1 de setembro de 2009

"estado crônico: edição especial"

Essa edição traz um texto que não é meu, mas que achei prudente postar aqui.

Há alguns meses li o trabalho de Michel de Certeau intitulado a Invenção do Cotidiano. Naquele momento, ainda sob a fase do luto, por ter perdido meu pai vitimado por câncer há menos de seis meses, pude compreender as razões pelas quais o seu médico não queria que ele retornasse ao hospital em seus últimos dias. O hospital, como local de salvar vidas, não seria adequado para receber um moribundo, ainda que este respeitasse a lógica da nossa sociedade mercadológica ao pagar pelo uso de salas, medicamentos e outros serviços que fossem necessários (ou não) naquele espaço. A disciplina do hospital não cederia diante na indisciplina de uma doença tão agressiva, o câncer. Mesmo assim meu pai teimou e foi para o hospital para inquietação dos médicos. Eles, pretensos salvadores da humanidade, da vida, viam-se prostrados diante de um quadro clínico. Ou seria diante de um quadro mercadológico? Afinal ele estava pagando por um serviço e não obtinha o retorno. De forma semelhante morreu Michel de Certeau, contudo não tenho ciência da riqueza de detalhes do seu leito de morte. Ironicamente foi atingido pelo câncer, uma anti-disciplina, tal como todas aquelas apontadas e estudadas por ele através de seu conceito de “táticas” que teimavam em burlar e driblar as “estratégias”. O que seria o câncer senão um crescimento desenfreado das células que, mesmo assim identificado, racionalizado, burla o saber médico e põe de joelhos aqueles que se dizem os detentores de verdades sobre o corpo humano?

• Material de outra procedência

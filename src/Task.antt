-- ===== src/Task.antt =====
-- src/kernel/task.c: tasks, run queues, the scheduler and the timer, for any number of CPUs.
-- A `task_t*` is a number, 0 is NULL, and the tasks are a store from pointers to records. A
-- function that takes a lock runs as one step, and so does a whole call of `task_schedule`, which
-- runs with interrupts off: what other CPUs do to the queues in the middle of it is not modelled.
pub mod Queue
pub mod Choice
pub mod Timer
pub mod State
pub mod Outgoing
pub mod Front
pub mod Pull
pub mod Incoming
pub mod Schedule
pub mod Turns
mod Tests
use zoho_os.Prelude.{
  ℕ, zero, suc, ◌+◌, ◌-◌, ◌%◌, ◌^◌, Bool, true, false, not, ◌&&◌, ◌||◌, Option, none, some, List,
  [], ◌∷◌, ◌++◌, arith, ◌==◌, ltb, if◌then◌else◌, update,
}

-- `task_state_t`
pub data TaskState : Type 0 where
  ready running exited : TaskState

pub record Task : Type 0 where
  pub id : ℕ
  pub rsp : ℕ
  pub stack_bottom : ℕ
  pub user_stack_bottom : ℕ
  pub kernel_rsp : ℕ
  pub pml4 : ℕ
  pub state : TaskState
  pub cpu_id : ℕ
  pub timeslice : ℕ
  pub total_ticks : ℕ
  pub next : ℕ

abbrev pub Tasks : Type 0
Tasks = ℕ → Task

pub record Runqueue : Type 0 where
  pub head : ℕ
  pub tail : ℕ
  pub count : ℕ

-- The fields of `cpu_t` that the scheduler uses. `rsp0` is the stack in the CPU's TSS, and
-- `address_space` its register CR3.
pub record Cpu : Type 0 where
  pub id : ℕ
  pub current_task : ℕ
  pub need_resched : Bool
  pub total_ticks : ℕ
  pub idle_ticks : ℕ
  pub kernel_stack : ℕ
  pub rsp0 : ℕ
  pub address_space : ℕ
  pub runqueue : Runqueue
  pub idle_task : ℕ

-- `cpus` and `cpu_count` of src/kernel/cpu.c, the tasks, and the tasks that were reaped, in order.
pub record Machine : Type 0 where
  pub cpus : ℕ → Cpu
  pub cpu_count : ℕ
  pub tasks : Tasks
  pub reaped : List ℕ

abbrev pub default_timeslice : ℕ
default_timeslice = 4

abbrev pub word32 : ℕ → ℕ
word32 n = n % 2 ^ 32

abbrev pub word64 : ℕ → ℕ
word64 n = n % 2 ^ 64

abbrev pub set_next : Tasks → ℕ → ℕ → Tasks
set_next ts p q = update ts p (record (ts p) { next = q })

abbrev pub set_state : Tasks → ℕ → TaskState → Tasks
set_state ts p s = update ts p (record (ts p) { state = s })

unfoldable pub enqueue_task : Runqueue → ℕ → Tasks → Runqueue × Tasks
enqueue_task rq task ts =
    let ts' = set_next ts task 0 in
    if not (rq.tail == 0)
    then (record rq { tail = task; count = word32 (rq.count + 1) }, set_next ts' rq.tail task)
    else (record { head = task; tail = task; count = word32 (rq.count + 1) }, ts')

-- The pointer is 0 where C returns NULL.
unfoldable pub dequeue_task : Runqueue → Tasks → ℕ × Runqueue
dequeue_task rq ts =
    let after = (ts rq.head).next in
    if rq.head == 0 then (0, rq) else (
      rq.head,
      record {
        head = after;
        tail = if after == 0 then 0 else rq.tail;
        count = word32 (rq.count + 2 ^ 32 - 1);
      },
    )

-- Task `task` has left the queue of CPU `i`, where `rq` remains, for CPU `self`.
unfoldable pub steal_one : ℕ → ℕ → ℕ → Runqueue → Machine → Machine
steal_one self i task rq m = record m {
  cpus = update m.cpus i (record (m.cpus i) { runqueue = rq });
  tasks = update m.tasks task (record (m.tasks task) { cpu_id = (m.cpus self).id });
}

-- `task_steal` on CPU `self`: the walk over the CPUs from index `i` with `left` to go.
unfoldable pub steal_from : ℕ → ℕ → ℕ → Machine → ℕ × Machine
unfolding steal_one
steal_from zero i self m = (0, m)
steal_from (suc left) i self m =
    let later = steal_from left (suc i) self m in
    let (task, rq) = dequeue_task (m.cpus i).runqueue m.tasks in
    if i == self then later else if task == 0 then later else (task, steal_one self i task rq m)

unfoldable pub task_steal : ℕ → Machine → ℕ × Machine
unfolding steal_from
task_steal self m = steal_from m.cpu_count 0 self m

-- `dequeue_task(&cpu->runqueue)`, and `task_steal` if that gives nothing.
unfoldable pub pull : ℕ → Machine → ℕ × Machine
pull self m =
    let (task, rq) = dequeue_task (m.cpus self).runqueue m.tasks in
    let stolen = task_steal self m in
    if task == 0
    then stolen
    else (task, record m { cpus = update m.cpus self (record (m.cpus self) { runqueue = rq }) })

-- `enqueue_task(&cpu->runqueue, task)`
unfoldable pub requeue : ℕ → ℕ → Machine → Machine
requeue self task m =
    let (rq, ts) = enqueue_task (m.cpus self).runqueue task m.tasks in
    record m { cpus = update m.cpus self (record (m.cpus self) { runqueue = rq }); tasks = ts }

-- The loop that looks for a ready task. Of `task_reap` the model keeps that it was called: the
-- memory, the mappings and the windows that it releases are not part of the scheduler's state.
-- `none`: the fuel ran out.
unfoldable pub find_next : ℕ → ℕ → Machine → Option (ℕ × Machine)
find_next zero self m = none
find_next (suc fuel) self m =
    let (task, m') = pull self m in
    let after_reap = find_next fuel self (record m' { reaped = m'.reaped ++ task ∷ [] }) in
    let after_requeue = find_next fuel self (requeue self task m') in
    if task == 0 then some (0, m') else elim ((m'.tasks task).state) [
      | exited ↦ after_reap
      | ready ↦ some (task, m')
      | running ↦ after_requeue
    ]

-- The outgoing task's stack pointer is saved, and the reschedule flag taken down.
saved : ℕ → ℕ → Machine → Machine
saved self current_rsp m =
    let p = (m.cpus self).current_task in
    record m {
      cpus = update m.cpus self (record (m.cpus self) { need_resched = false });
      tasks = update m.tasks p (record (m.tasks p) { rsp = current_rsp });
    }

-- A task that was running is ready now.
stopped : ℕ → Machine → Machine
stopped self m = record m { tasks = set_state m.tasks (m.cpus self).current_task ready }

-- What becomes of the outgoing task, by its state.
put_back_as : TaskState → ℕ → Machine → Machine
unfolding stopped
put_back_as running self m =
    let p = (m.cpus self).current_task in
    if not ((m.tasks p).id == 0) then requeue self p (stopped self m) else stopped self m
put_back_as ready self m = m
put_back_as exited self m = m

-- The outgoing task is queued again if it can run on and is no idle task.
unfoldable pub put_back : ℕ → ℕ → Machine → Machine
unfolding saved put_back_as
put_back self current_rsp m =
    put_back_as ((m.tasks ((m.cpus self).current_task)).state) self (saved self current_rsp m)

-- The incoming task: it becomes the current one, with its stacks and its address space.
unfoldable pub switch_to : ℕ → ℕ → Machine → ℕ × Machine
switch_to self task m =
    let t = m.tasks task in
    (
      t.rsp,
      record m {
        cpus = update m.cpus self (record (m.cpus self) {
          current_task = task;
          rsp0 = t.kernel_rsp;
          kernel_stack = t.kernel_rsp;
          address_space = t.pml4;
        });
        tasks =
            update m.tasks task (record t {
              state = running;
              timeslice = if t.id == 0 then 0 else default_timeslice;
            });
      },
    )

pick : ℕ → ℕ × Machine → ℕ × Machine
unfolding switch_to
pick self (task, m) = switch_to self (if task == 0 then (m.cpus self).idle_task else task) m

map_some : (ℕ × Machine → ℕ × Machine) → Option (ℕ × Machine) → Option (ℕ × Machine)
map_some f none = none
map_some f (some x) = some (f x)

-- The new stack pointer and the new state.
unfoldable pub task_schedule : ℕ → ℕ → ℕ → Machine → Option (ℕ × Machine)
unfolding map_some pick
task_schedule fuel self current_rsp m =
    if (m.cpus self).current_task == 0
    then some (current_rsp, m)
    else map_some (pick self) (find_next fuel self (put_back self current_rsp m))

Resolvida a inquietação quanto ao porquê de o médico não querer que aquela indisciplina adentrasse no espaço da disciplina, restava-me ainda uma dúvida: no momento da morte de meu pai fez-se presente na sala uma enfermeira que, nada dizendo para a família, teimava em ligar um aparelho o qual depois conheci pelo nome de eletrocardiógrafo. De que maneira pensar essa cena? No seu reduto, na sua posição de poder-saber, ela ignorava todos que ali estavam e pelejava com o objeto. No auge da teimosia minha cunhada observou que o mesmo estava sem a caneta que faz os devidos registros para saber se há algum vital no paciente. Na realidade tratava-se de um objeto que mudava a posição da pessoa: de paciente a morto, peça, corpo, dependendo do contexto e do ponto de vista. O meu era morto.

No auge da sua incapacidade de minimizar os sofrimentos do paciente, de acolher o outro, de cuidar e preservar uma vida, ela se fechava, mais uma vez, em seu saber-poder e, repetidamente, atestava sua incapacidade na simples utilização de um aparelho de uso diário.

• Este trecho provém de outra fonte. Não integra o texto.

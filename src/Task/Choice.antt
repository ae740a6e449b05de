-- ===== src/Task/Choice.antt =====
-- src/kernel/task.c: `pick_least_loaded_cpu`, which places a new task.
use zoho_os.Prelude.{
  ℕ, zero, suc, ◌+◌, ◌-◌, ◌≤◌, ◌<◌, not, ◌&&◌, arith, ◌==◌, ltb, if◌then◌else◌, Bool-cases, inl,
  inr, dec_lt, subst,
}
use zoho_os.Task.{Machine}

-- The tasks in the run queue, and the current one unless it is idle.
unfoldable pub load : Machine → ℕ → ℕ
load m i =
    let c = m.cpus i in
    c.runqueue.count
    + (if not (c.current_task == 0) && not ((m.tasks c.current_task).id == 0) then 1 else 0)

-- The loop from index `i` with `left` CPUs to go; `least` is the best index so far.
unfoldable pub least_from : ℕ → ℕ → ℕ → Machine → ℕ
least_from zero i least m = least
least_from (suc left) i least m =
    least_from left (suc i) (if ltb (load m i) (load m least) then i else least) m

-- The index of the CPU that C returns a pointer to.
unfoldable pub pick_least_loaded_cpu : Machine → ℕ
unfolding least_from
pick_least_loaded_cpu m = least_from (m.cpu_count - 1) 1 0 m

-- `r` is the first of the CPUs below `n` with the smallest load.
pub record IsLeast (m : Machine) (n r : ℕ) : Type 0 where
  pub known : r < n
  pub smallest : (i : ℕ) → i < n → load m r ≤ load m i
  pub first : (i : ℕ) → i < r → load m r < load m i

advance-IsLeast :
    (i least : ℕ) (m : Machine)
    → IsLeast m i least
    → IsLeast m (suc i) (if ltb (load m i) (load m least) then i else least)
advance-IsLeast i least m l = elim (Bool-cases (ltb (load m i) (load m least))) [
  | inl less ↦ rw less (record {
    known = omega arith;
    smallest = λ k h. elim (dec_lt k i) [
      | yes low ↦ ground (arith, l.smallest k low, less)
      | no high ↦ subst (λ j. load m i ≤ load m j) {x = i} (omega arith) (omega arith)
    ];
    first = λ k h. ground (arith, l.smallest k h, less);
  })
  | inr more ↦ rw more (record {
    known = omega (arith, l.known);
    smallest = λ k h. elim (dec_lt k i) [
      | yes low ↦ l.smallest k low
      | no high ↦ subst (λ j. load m least ≤ load m j) {x = i} (omega arith) (ground arith)
    ];
    first = l.first;
  })
]

least_from-IsLeast :
    (left i least : ℕ) (m : Machine)
    → IsLeast m i least
    → IsLeast m (i + left) (least_from left i least m)
unfolding least_from
least_from-IsLeast zero i least m l = record {
  known = omega (arith, l.known);
  smallest = λ k h. l.smallest k (omega arith);
  first = l.first;
}
least_from-IsLeast (suc left) i least m l =
    subst
      (λ n.
        IsLeast m n
          (least_from left (suc i) (if ltb (load m i) (load m least) then i else least) m))
      (omega arith) (least_from-IsLeast left (suc i) _ m (advance-IsLeast i least m l))

-- If there is a CPU, a new task goes to the first of the least loaded CPUs.
pub pick-IsLeast : (m : Machine) → 0 < m.cpu_count → IsLeast m m.cpu_count (pick_least_loaded_cpu m)
unfolding pick_least_loaded_cpu
pick-IsLeast m h =
    subst (λ n. IsLeast m n (pick_least_loaded_cpu m)) (omega arith)
      (least_from-IsLeast (m.cpu_count - 1) 1 0 m only_first)
  where
    only_first : IsLeast m 1 0
    only_first = record {
      known = omega arith;
      smallest = λ i k. subst (λ j. load m 0 ≤ load m j) {x = 0} (omega arith) (omega arith);
      first = λ i k. absurd (omega arith);
    }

Desse mundo de médicos e enfermeiros, o incômodo que levo ainda é notório. O que mais me inquietava era a vontade do meu pai por toda a sua vida ter querido ser médico. Seria ele um médico no sentido moderno? Faria parte desse quadro que acabo de descrever? O que meu pai realmente queria não era ser médico. O que ele queria era ajudar as pessoas, como o fez durante toda a sua vida e sempre com um sorriso estampado no rosto. Meu pai, irônico e brincalhão como era, não teria espaço nesse reduto, nesse castelo hierarquizado e repleto de vaidades. Ele não queria ser médico. Ele pensava a medicina como uma ferramenta para ajudar as pessoas. Era um sonhador.

Por Mário Viana Jr.

***

Espero que tenha ajudado, meu caro amigo. Taí seu texto!
Da série "estado crônico".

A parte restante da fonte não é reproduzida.